==== GIVEN RECORDS ====

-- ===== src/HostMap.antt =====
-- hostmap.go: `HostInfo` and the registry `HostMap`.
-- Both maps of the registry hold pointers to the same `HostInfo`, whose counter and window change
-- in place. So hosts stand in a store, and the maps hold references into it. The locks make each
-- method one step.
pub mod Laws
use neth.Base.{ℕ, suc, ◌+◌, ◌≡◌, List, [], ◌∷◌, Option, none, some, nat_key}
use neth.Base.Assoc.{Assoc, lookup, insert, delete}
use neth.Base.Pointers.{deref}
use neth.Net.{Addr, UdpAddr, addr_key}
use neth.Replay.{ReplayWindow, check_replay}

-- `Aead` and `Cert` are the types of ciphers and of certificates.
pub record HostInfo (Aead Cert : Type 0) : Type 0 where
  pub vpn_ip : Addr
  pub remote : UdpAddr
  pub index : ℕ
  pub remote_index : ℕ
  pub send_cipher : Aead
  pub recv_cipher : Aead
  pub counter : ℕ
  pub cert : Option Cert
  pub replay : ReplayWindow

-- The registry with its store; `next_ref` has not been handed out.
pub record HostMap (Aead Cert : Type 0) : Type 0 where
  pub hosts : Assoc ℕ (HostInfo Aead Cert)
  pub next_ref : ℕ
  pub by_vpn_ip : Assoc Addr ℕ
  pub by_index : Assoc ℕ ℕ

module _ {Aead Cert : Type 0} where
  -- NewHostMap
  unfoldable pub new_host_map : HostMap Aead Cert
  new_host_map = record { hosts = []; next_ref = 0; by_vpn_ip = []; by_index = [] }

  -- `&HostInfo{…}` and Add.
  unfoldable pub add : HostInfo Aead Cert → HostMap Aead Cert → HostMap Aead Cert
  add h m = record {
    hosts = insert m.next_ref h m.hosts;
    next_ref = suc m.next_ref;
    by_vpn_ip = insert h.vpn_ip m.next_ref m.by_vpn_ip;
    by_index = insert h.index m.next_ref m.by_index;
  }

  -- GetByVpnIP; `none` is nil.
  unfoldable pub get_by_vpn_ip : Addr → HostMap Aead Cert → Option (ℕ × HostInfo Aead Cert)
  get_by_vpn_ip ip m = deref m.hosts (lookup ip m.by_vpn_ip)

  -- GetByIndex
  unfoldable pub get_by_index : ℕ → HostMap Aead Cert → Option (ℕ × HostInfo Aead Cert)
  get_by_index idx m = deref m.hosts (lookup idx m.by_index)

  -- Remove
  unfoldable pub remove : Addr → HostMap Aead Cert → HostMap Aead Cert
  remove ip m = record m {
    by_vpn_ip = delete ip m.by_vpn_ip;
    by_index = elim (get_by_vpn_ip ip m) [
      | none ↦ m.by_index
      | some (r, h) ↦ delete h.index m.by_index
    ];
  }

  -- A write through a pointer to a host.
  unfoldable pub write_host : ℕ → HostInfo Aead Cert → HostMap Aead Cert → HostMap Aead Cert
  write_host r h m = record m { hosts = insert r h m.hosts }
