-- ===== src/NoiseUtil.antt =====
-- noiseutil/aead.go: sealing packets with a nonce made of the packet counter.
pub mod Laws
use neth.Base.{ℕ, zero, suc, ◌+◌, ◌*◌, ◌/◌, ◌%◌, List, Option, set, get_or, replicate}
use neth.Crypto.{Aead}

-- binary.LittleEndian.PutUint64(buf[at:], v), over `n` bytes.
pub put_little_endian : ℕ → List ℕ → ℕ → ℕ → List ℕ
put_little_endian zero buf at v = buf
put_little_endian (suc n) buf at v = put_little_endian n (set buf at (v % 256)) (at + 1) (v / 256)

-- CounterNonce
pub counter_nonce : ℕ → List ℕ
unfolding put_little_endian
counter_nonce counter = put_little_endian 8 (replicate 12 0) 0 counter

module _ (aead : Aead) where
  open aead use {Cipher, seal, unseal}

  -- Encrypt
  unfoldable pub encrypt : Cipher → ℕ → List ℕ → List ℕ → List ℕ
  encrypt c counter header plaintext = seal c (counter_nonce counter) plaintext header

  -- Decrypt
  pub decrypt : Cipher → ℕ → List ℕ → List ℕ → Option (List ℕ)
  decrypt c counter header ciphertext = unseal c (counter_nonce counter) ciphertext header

====

**TASK BRIEF**
Take the first line of the material above as the start and the line that contains "pub remote_index : ℕ" as the end. Output only that span, every line exactly as it stands.

**RESULT OF THE TASK**
-- ===== src/HostMap.antt =====
-- hostmap.go: `HostInfo` and the registry `HostMap`.
-- Both maps of the registry hold pointers to the same `HostInfo`, whose counter and window change
-- in place. So hosts stand in a store, and the maps hold references into it. The locks make each
-- method one step.
pub mod Laws
use neth.Base.{ℕ, suc, ◌+◌, ◌≡◌, List, [], ◌∷◌, Option, none, some, nat_key}
use neth.Base.Assoc.{Assoc, lookup, insert, delete}
use neth.Base.Pointers.{deref}
use neth.Net.{Addr, UdpAddr, addr_key}
use neth.Replay.{ReplayWindow, check_replay}

-- `Aead` and `Cert` are the types of ciphers and of certificates.
pub record HostInfo (Aead Cert : Type 0) : Type 0 where
  pub vpn_ip : Addr
  pub remote : UdpAddr
  pub index : ℕ
  pub remote_index : ℕ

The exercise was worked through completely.